INSTRUCTIONS TO FOLLOW: Every line of the material that mentions the word "reconcile" should be copied out.

INFORMATION GIVEN:
■ ■ ■ ■

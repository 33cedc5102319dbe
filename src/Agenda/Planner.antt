-- ===== src/Agenda/Planner.antt =====
-- src/pic_agentic/agenda/planner.py: the next action of every leaf. Pydantic's coercion of numbers and
-- booleans and the text of a budget error are parameters; `none` stands for the `ValidationError` of
-- a malformed resource request.
pub mod Dependencies
pub mod Caps
pub mod Hours
pub mod Steps
use pic_agentic.Common.{
  ℕ, ◌+◌, String, ◌≡◌, refl, Bool, true, false, not, Option, none, some, List, [], ◌∷◌, ◌++◌, ◌&&◌,
  ◌||◌, str_eq, concat, join, count_if, split_char, last_part, if◌then◌else◌,
}
use pic_agentic.Common.Dict
use pic_agentic.Common.Dict.{Dict}
use pic_agentic.Common.Float.{Float, zero_f, add, sub, clamp}
use pic_agentic.Common.Value.{Value, null, str, dict, Fields, get_field}
use pic_agentic.Agenda.Model.{
  Status, planned, submitted, running, done, failed, AgendaSim, Entry, sim, group, Entries,
  no_entries, entry, AgendaGroup, Leaf, get_entry, join_path, simulations, for_leaves,
}
use pic_agentic.Agenda.Budget.{Budget, BudgetUsage, ResourceRequest, Breach, check_admission}

pub record Pydantic : Type 0 where
  pub float_of : Value → Option Float
  pub bool_of : Value → Option Bool
  pub message : Breach → String

abbrev pub and_then {ℓ κ} : {A : Type ℓ} {B : Type κ} → Option A → (A → Option B) → Option B
and_then none f = none
and_then (some a) f = f a

-- A chain that succeeds has succeeded at its first link.
pub and_then-eq-some {ℓ κ} :
    {A : Type ℓ} {B : Type κ} (o : Option A) (f : A → Option B) {b : B}
    → and_then o f ≡ some b
    → (a : A) × (o ≡ some a) × (f a ≡ some b)
and_then-eq-some none f h = cc
and_then-eq-some (some a) f h = (a, refl, h)

-- `SIMULATION_STATE_STATUS.get(state)`
unfoldable pub state_status : String → Option Status
state_status state =
    if str_eq state "accepted" || str_eq state "simulation.submitted"
    then some submitted
    else if str_eq state "simulation.job_running"
        || str_eq state "simulation.step_finished"
        || str_eq state "workflow.finished"
        || str_eq state "simulation.checkpoint"
    then some running
    else if str_eq state "results.ready" || str_eq state "simulation.job_finished"
    then some done
    else if str_eq state "simulation.job_failed"
        || str_eq state "simulation.failed"
        || str_eq state "simulation.cancelled"
    then some failed
    else none

pub data PlanAction : Type 0 where
  submit wait mark_done mark_failed : PlanAction

pub record PlanStep : Type 0 where
  pub name : String
  pub path : String
  pub spec : Fields
  pub point : Option Fields
  pub action : PlanAction
  pub reason : Option String

-- The value of one resource key: under `resources` first, then at the top level.
abbrev nested_value : String → Fields → Option Value → Option Value
nested_value key spec (some (dict nested)) = elim (get_field key nested) [
  | some v ↦ some v
  | none ↦ get_field key spec
]
nested_value key spec _ = get_field key spec

unfoldable pub resource_value : String → Fields → Option Value
resource_value key spec = nested_value key spec (get_field "resources" spec)

abbrev partition_of : Option Value → Option (Option String)
partition_of none = some none
partition_of (some null) = some none
partition_of (some (str s)) = some (some s)
partition_of _ = none

-- A field that is absent has its default.
abbrev field_or {ℓ} : {A : Type ℓ} → (Value → Option A) → A → Option Value → Option A
field_or read default none = some default
field_or read default (some v) = read v

unfoldable pub resource_request_from_spec : Pydantic → Fields → Option ResourceRequest
resource_request_from_spec p spec =
    and_then (field_or p.float_of zero_f (resource_value "est_core_hours" spec)) λ core.
      and_then (field_or p.float_of zero_f (resource_value "est_gpu_hours" spec)) λ gpu.
        and_then (partition_of (resource_value "partition" spec)) λ partition.
          and_then (field_or p.bool_of false (resource_value "is_gpu" spec)) λ is_gpu.
            some (record {
              est_core_hours = core;
              est_gpu_hours = gpu;
              partition = partition;
              is_gpu = is_gpu;
            })

pub record Index : Type 0 where
  pub paths : Dict Entry
  pub parents : Dict Entries

-- `_index_entries`: every entry by its path, and the entries of the group that holds it.
unfoldable mutual
  pub index_entry : String → Entry → Index → Index
  index_entry path (sim s) index = index
  index_entry path (group info es) index = index_entries es path es index

  pub index_entries : Entries → String → Entries → Index → Index
  index_entries parent prefix no_entries index = index
  index_entries parent prefix (entry name e rest) index =
      let path = join_path prefix name in
      let here : Index = record {
        paths = Dict.put path e index.paths;
        parents = Dict.put path parent index.parents;
      } in
      index_entries parent prefix rest (index_entry path e here)

abbrev pub index_of : AgendaGroup → Index
index_of agenda =
    index_entries agenda.entries "" agenda.entries (record { paths = []; parents = [] })

abbrev pub is_done : Status → Bool
is_done done = true
is_done _ = false

abbrev pub is_failed : Status → Bool
is_failed failed = true
is_failed _ = false

abbrev pub in_flight : Status → Bool
in_flight submitted = true
in_flight running = true
in_flight _ = false

unfoldable mutual
  pub subtree_done : Entry → Bool
  subtree_done (sim s) = is_done s.status
  subtree_done (group info es) = subtrees_done es

  pub subtrees_done : Entries → Bool
  subtrees_done no_entries = true
  subtrees_done (entry name e rest) = subtree_done e && subtrees_done rest

unfoldable mutual
  pub subtree_failed : Entry → Bool
  subtree_failed (sim s) = is_failed s.status
  subtree_failed (group info es) = any_failed es

  pub any_failed : Entries → Bool
  any_failed no_entries = false
  any_failed (entry name e rest) = subtree_failed e || any_failed rest

abbrev sibling : String → Option Entries → Option Entry
sibling name none = none
sibling name (some parent) = get_entry name parent

abbrev or_else {ℓ} : {A : Type ℓ} → Option A → Option A → Option A
or_else (some a) b = some a
or_else none b = b

-- A sibling first, then a full path, then a sibling named like the last segment.
unfoldable pub resolve_dependency : String → Option Entries → Dict Entry → Option Entry
resolve_dependency dep parent paths =
    or_else (sibling dep parent)
      (or_else (Dict.get dep paths) (sibling (last_part (split_char b'/' dep)) parent))

abbrev pub fold_status : Dict String → String → AgendaSim → Option Status → AgendaSim
fold_status states path s none = s
fold_status states path s (some status) = record s { status = status }

-- `states.get(path, "")`
abbrev pub state_at : String → Dict String → String
state_at path states = elim (Dict.get path states) [ none ↦ "" | some state ↦ state ]

unfoldable pub apply_state : Dict String → String → AgendaSim → Unit {0} → AgendaSim × Unit {0}
apply_state states path s _ = (fold_status states path s (state_status (state_at path states)), tt)

unfoldable pub apply_states : AgendaGroup → Dict String → AgendaGroup
apply_states agenda states = (for_leaves (apply_state states) agenda tt).0

-- What a dependency means for its successor: none that is failed, none that is unmet.
pub data Dependency : Type 0 where
  met unmet blocked : Dependency

unfoldable pub judge : Option Entry → Dependency
judge none = unmet
judge (some e) = if subtree_failed e then blocked else if subtree_done e then met else unmet

unfoldable pub dependency : Option Entries → Dict Entry → String → Dependency
dependency parent paths dep = judge (resolve_dependency dep parent paths)

abbrev pub is_unmet : Dependency → Bool
is_unmet unmet = true
is_unmet _ = false

abbrev pub is_blocked : Dependency → Bool
is_blocked blocked = true
is_blocked _ = false

-- The lists `unmet` and `blocked`.
unfoldable pub select : (String → Bool) → List String → List String
select test [] = []
select test (d ∷ ds) = let rest = select test ds in if test d then d ∷ rest else rest

abbrev pub base_step : AgendaSim → String → PlanStep
base_step s path = record {
  name = s.name;
  path = path;
  spec = s.spec;
  point = s.point;
  action = wait;
  reason = none;
}

abbrev pub waiting : PlanStep → String → PlanStep
waiting step reason = record step { reason = some reason }

module _ (p : Pydantic) where
  -- The gate of a leaf whose dependencies are met: a breach makes it wait with the message.
  abbrev pub admit : PlanStep → Option Breach → PlanStep
  admit base none = record base { action = submit }
  admit base (some breach) = waiting base (p.message breach)

  unfoldable pub plan_ready : Budget → BudgetUsage → PlanStep → Option PlanStep
  plan_ready budget usage base =
      and_then (resource_request_from_spec p base.spec)
        (λ request. some (admit base (check_admission budget usage request)))

  -- A planned leaf, by the names of its blocked and of its unmet dependencies.
  unfoldable pub plan_planned :
      Budget → BudgetUsage → PlanStep → List String → List String → Option PlanStep
  plan_planned budget usage base (b ∷ bs) unmet_names = some (record base {
    action = mark_failed;
    reason = some (concat "dependency failed: " (join ", " (b ∷ bs)));
  })
  plan_planned budget usage base [] (u ∷ us) =
      some (waiting base (concat "dependency not done: " (join ", " (u ∷ us))))
  plan_planned budget usage base [] [] = plan_ready budget usage base

  abbrev pub plan_status :
      Budget → BudgetUsage → PlanStep → List String → List String → Status → Option PlanStep
  plan_status budget usage base blocked_names unmet_names done =
      some (record base { action = mark_done })
  plan_status budget usage base blocked_names unmet_names failed =
      some (record base { action = mark_failed })
  plan_status budget usage base blocked_names unmet_names submitted =
      some (waiting base "already submitted")
  plan_status budget usage base blocked_names unmet_names running =
      some (waiting base "already running")
  plan_status budget usage base blocked_names unmet_names planned =
      plan_planned budget usage base blocked_names unmet_names

  -- `_plan_leaf`
  unfoldable pub plan_leaf :
      AgendaSim → String → Option Entries → Dict Entry → Budget → BudgetUsage → Option PlanStep
  plan_leaf s path parent paths budget usage =
      plan_status budget usage (base_step s path)
        (select (λ d. is_blocked (dependency parent paths d)) s.depends_on)
        (select (λ d. is_unmet (dependency parent paths d)) s.depends_on) s.status

-- `account`: the cost of one submission.
unfoldable pub account : BudgetUsage → Float → Float → Bool → BudgetUsage
account usage core_hours gpu_hours is_gpu = record usage {
  core_hours = add usage.core_hours core_hours;
  gpu_hours = add usage.gpu_hours (if is_gpu then gpu_hours else zero_f);
  jobs_submitted = usage.jobs_submitted + 1;
}

-- `used + actual - estimated`, in the order of the augmented assignment
abbrev pub corrected : Float → Float → Option Float → Float
corrected used estimated none = used
corrected used estimated (some actual) = add used (sub actual estimated)

-- `reconcile`: an estimate is replaced by the actual cost, clamped at zero.
unfoldable pub reconcile :
    BudgetUsage → Float → Option Float → Float → Option Float → Bool → BudgetUsage
reconcile usage estimated_core actual_core estimated_gpu actual_gpu is_gpu = record usage {
  core_hours = clamp (corrected usage.core_hours estimated_core actual_core);
  gpu_hours =
      clamp
        (if is_gpu then corrected usage.gpu_hours estimated_gpu actual_gpu else usage.gpu_hours);
}

-- `sum(1 for _, sim in agenda.simulations() if sim.status in {"submitted", "running"})`
unfoldable pub jobs_in_flight : AgendaGroup → ℕ
jobs_in_flight agenda = count_if (λ (leaf : Leaf). in_flight leaf.1.status) (simulations agenda)

module _ (p : Pydantic) where
  abbrev pub accrue_request : BudgetUsage → ResourceRequest → BudgetUsage
  accrue_request usage request =
      let accounted = account usage request.est_core_hours request.est_gpu_hours request.is_gpu in
      record accounted { jobs_running = accounted.jobs_running + 1 }

  -- The running usage behind one step.
  unfoldable pub accrue : BudgetUsage → PlanStep → PlanAction → Option BudgetUsage
  accrue usage step submit =
      and_then (resource_request_from_spec p step.spec) (λ r. some (accrue_request usage r))
  accrue usage step _ = some usage

  -- The body of the loop of `next_actions`: the steps, and the running usage behind them.
  unfoldable pub plan_leaves :
      Index → Budget → List Leaf → BudgetUsage → Option (List PlanStep × BudgetUsage)
  plan_leaves index budget [] usage = some ([], usage)
  plan_leaves index budget ((path, s) ∷ leaves) usage =
      and_then (plan_leaf p s path (Dict.get path index.parents) index.paths budget usage) λ step.
        and_then (accrue usage step step.action) λ usage'.
          and_then (plan_leaves index budget leaves usage') λ rest. some (step ∷ rest.0, rest.1)

  unfoldable pub next_actions :
      AgendaGroup → Dict String → Budget → BudgetUsage → Option (List PlanStep)
  next_actions agenda states budget usage =
      let effective = apply_states agenda states in
      let running = record usage { jobs_running = jobs_in_flight effective } in
      and_then (plan_leaves (index_of effective) budget (simulations effective) running)
        (λ r. some r.0)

■ ■ ■ ■

RESULT FOR THIS EXERCISE:
-- `reconcile`: an estimate is replaced by the actual cost, clamped at zero.
unfoldable pub reconcile :
reconcile usage estimated_core actual_core estimated_gpu actual_gpu is_gpu = record usage {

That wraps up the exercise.